(WHAT YOU ARE ASKED TO DO) There is one span to output from the data below: the lines starting at the line with "payloads = tt;" and ending at the line with "SegmentHolds q w s records". Output it exactly, ends included, nothing more.

(DATA FOR REVIEW)
⟨
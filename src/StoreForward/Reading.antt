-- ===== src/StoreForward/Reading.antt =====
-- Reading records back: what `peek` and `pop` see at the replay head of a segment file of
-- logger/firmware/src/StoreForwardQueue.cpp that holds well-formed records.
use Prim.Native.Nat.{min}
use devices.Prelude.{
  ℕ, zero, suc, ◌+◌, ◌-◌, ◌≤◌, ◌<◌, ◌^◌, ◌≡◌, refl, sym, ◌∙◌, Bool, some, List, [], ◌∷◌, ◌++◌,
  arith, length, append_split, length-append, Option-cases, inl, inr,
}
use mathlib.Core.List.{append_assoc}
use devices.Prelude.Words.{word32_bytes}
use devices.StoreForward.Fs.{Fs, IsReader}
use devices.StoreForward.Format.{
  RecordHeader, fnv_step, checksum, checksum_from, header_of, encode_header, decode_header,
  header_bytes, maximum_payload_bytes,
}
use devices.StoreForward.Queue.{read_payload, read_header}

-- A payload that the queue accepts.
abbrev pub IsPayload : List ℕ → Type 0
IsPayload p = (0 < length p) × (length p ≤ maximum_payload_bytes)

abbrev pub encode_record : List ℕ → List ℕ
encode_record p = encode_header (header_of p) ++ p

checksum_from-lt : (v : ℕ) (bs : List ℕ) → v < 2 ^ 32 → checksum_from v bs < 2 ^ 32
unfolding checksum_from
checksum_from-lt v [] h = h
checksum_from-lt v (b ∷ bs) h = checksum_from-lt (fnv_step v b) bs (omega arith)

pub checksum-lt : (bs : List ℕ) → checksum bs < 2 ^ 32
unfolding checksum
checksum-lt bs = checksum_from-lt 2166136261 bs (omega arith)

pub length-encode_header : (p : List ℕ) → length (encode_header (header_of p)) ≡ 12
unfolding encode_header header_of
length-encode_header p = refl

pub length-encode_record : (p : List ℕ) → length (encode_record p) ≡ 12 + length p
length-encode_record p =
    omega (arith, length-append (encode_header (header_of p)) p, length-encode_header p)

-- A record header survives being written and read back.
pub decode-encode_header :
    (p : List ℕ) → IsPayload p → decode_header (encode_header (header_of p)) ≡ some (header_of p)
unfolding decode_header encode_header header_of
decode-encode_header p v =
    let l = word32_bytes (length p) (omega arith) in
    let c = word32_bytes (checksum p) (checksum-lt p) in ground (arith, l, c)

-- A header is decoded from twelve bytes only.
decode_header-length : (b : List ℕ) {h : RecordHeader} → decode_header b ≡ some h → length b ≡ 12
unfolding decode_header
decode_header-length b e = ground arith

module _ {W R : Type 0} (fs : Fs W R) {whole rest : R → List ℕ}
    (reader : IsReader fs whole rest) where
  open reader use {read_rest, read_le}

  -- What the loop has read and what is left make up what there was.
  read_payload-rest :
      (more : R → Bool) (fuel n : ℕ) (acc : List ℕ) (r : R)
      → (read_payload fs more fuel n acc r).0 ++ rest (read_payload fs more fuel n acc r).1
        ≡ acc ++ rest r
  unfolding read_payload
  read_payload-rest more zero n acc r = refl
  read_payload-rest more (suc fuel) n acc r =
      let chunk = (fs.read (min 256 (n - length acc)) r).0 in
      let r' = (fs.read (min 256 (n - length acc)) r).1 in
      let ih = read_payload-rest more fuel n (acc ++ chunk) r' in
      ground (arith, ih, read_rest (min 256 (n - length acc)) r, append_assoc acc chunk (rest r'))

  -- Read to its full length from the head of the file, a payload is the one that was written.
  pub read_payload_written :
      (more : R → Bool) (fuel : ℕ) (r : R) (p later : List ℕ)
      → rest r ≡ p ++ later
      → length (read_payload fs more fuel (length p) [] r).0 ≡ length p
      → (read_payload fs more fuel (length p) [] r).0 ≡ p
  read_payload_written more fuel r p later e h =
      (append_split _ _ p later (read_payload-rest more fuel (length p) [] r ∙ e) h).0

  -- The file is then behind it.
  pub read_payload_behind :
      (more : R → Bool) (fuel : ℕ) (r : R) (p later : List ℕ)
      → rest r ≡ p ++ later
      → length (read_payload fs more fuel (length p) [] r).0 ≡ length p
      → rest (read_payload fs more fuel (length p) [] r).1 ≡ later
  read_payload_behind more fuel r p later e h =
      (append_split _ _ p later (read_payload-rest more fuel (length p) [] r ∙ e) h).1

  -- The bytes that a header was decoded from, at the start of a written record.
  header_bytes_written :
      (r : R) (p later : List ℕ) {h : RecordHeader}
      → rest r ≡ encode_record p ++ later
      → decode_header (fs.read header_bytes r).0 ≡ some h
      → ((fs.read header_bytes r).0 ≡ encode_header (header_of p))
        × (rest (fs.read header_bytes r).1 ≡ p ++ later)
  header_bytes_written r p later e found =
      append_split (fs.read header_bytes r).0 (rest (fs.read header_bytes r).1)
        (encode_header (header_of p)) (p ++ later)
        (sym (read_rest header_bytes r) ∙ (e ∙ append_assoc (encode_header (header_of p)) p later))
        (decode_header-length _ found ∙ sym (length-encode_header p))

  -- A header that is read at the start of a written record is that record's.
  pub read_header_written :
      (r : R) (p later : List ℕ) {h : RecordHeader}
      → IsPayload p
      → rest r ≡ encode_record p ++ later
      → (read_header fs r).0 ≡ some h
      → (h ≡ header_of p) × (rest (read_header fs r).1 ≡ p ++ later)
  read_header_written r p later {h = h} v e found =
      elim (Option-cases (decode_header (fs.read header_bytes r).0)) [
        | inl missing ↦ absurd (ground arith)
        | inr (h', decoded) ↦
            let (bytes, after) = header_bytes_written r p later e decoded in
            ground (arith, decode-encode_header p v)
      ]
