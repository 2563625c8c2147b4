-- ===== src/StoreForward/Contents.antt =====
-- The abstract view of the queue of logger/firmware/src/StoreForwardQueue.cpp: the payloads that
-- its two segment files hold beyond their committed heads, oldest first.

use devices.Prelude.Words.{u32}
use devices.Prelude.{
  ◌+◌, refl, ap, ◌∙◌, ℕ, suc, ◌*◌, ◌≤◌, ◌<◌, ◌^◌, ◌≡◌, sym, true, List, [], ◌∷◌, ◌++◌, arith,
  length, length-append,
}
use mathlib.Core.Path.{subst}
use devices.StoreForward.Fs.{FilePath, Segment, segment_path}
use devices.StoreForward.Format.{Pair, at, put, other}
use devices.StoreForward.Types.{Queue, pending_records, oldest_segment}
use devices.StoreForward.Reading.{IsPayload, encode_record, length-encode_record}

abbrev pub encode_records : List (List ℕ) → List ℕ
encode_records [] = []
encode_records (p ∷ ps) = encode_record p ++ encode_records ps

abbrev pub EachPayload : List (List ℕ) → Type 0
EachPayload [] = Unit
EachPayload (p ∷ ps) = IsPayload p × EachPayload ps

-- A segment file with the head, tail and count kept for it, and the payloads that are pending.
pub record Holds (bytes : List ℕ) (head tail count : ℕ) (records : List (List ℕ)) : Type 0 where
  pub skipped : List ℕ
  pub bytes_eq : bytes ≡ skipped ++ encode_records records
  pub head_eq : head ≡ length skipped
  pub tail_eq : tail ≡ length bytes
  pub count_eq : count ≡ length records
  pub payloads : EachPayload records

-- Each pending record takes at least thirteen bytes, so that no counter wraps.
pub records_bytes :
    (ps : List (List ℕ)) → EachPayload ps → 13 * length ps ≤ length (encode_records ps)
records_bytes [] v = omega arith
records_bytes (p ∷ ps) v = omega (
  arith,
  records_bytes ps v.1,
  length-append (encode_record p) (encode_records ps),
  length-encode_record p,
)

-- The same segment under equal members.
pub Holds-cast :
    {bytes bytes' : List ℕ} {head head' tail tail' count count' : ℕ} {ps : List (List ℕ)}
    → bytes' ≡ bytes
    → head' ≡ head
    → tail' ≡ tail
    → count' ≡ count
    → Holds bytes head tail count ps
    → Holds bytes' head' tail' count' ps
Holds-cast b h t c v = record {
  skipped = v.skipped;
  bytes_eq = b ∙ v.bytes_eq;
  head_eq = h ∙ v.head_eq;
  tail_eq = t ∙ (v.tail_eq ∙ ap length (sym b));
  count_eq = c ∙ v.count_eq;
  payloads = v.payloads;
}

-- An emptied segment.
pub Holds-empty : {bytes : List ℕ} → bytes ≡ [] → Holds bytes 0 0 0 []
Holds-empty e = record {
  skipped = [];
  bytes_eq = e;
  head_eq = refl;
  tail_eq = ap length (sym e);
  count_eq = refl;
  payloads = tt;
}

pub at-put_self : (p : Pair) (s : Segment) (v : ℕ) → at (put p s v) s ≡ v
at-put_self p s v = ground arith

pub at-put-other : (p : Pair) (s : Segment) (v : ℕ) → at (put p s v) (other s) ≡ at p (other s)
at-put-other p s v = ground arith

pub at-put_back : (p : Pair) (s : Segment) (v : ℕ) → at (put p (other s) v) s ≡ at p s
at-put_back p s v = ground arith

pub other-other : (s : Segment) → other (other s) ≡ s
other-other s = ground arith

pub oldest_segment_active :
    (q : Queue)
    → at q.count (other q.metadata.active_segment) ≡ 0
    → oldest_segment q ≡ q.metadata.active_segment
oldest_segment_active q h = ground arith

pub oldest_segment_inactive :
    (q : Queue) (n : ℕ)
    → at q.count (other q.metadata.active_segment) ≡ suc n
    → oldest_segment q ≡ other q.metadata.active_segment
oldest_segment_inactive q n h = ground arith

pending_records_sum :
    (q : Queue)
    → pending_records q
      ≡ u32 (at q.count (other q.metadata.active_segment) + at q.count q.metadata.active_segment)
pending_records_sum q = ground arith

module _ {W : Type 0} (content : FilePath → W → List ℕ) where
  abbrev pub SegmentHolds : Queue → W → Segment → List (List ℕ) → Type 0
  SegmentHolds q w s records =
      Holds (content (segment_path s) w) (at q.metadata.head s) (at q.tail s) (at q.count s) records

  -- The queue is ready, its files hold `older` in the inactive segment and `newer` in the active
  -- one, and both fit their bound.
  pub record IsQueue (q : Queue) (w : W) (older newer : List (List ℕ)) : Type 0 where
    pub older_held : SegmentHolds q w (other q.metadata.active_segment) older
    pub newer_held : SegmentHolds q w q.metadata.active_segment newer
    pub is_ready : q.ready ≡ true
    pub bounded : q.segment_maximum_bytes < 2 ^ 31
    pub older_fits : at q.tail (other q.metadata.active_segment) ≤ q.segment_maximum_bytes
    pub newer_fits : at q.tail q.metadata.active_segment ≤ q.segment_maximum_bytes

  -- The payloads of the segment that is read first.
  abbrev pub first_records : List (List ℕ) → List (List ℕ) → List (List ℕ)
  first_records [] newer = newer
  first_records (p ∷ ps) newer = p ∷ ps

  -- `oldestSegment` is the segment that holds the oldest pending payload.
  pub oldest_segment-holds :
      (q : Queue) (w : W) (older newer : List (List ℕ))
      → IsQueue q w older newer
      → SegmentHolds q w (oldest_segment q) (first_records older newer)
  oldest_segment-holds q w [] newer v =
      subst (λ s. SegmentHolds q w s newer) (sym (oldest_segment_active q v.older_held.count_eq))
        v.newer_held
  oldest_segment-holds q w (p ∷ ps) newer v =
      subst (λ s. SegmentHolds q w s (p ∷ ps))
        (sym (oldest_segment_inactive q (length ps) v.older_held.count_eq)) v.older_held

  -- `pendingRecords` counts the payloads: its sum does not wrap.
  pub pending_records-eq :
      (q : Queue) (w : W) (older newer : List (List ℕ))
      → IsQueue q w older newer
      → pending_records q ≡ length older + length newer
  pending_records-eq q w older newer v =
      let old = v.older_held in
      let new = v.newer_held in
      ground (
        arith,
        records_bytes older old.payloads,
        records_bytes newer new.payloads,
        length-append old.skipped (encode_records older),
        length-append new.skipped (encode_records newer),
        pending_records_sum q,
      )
⟩
(TASK OUTPUT)
  payloads = tt;
}

pub at-put_self : (p : Pair) (s : Segment) (v : ℕ) → at (put p s v) s ≡ v
at-put_self p s v = ground arith

pub at-put-other : (p : Pair) (s : Segment) (v : ℕ) → at (put p s v) (other s) ≡ at p (other s)
at-put-other p s v = ground arith

pub at-put_back : (p : Pair) (s : Segment) (v : ℕ) → at (put p (other s) v) s ≡ at p s
at-put_back p s v = ground arith

pub other-other : (s : Segment) → other (other s) ≡ s
other-other s = ground arith

pub oldest_segment_active :
    (q : Queue)
    → at q.count (other q.metadata.active_segment) ≡ 0
    → oldest_segment q ≡ q.metadata.active_segment
oldest_segment_active q h = ground arith

pub oldest_segment_inactive :
    (q : Queue) (n : ℕ)
    → at q.count (other q.metadata.active_segment) ≡ suc n
    → oldest_segment q ≡ other q.metadata.active_segment
oldest_segment_inactive q n h = ground arith

pending_records_sum :
    (q : Queue)
    → pending_records q
      ≡ u32 (at q.count (other q.metadata.active_segment) + at q.count q.metadata.active_segment)
pending_records_sum q = ground arith

module _ {W : Type 0} (content : FilePath → W → List ℕ) where
  abbrev pub SegmentHolds : Queue → W → Segment → List (List ℕ) → Type 0
  SegmentHolds q w s records =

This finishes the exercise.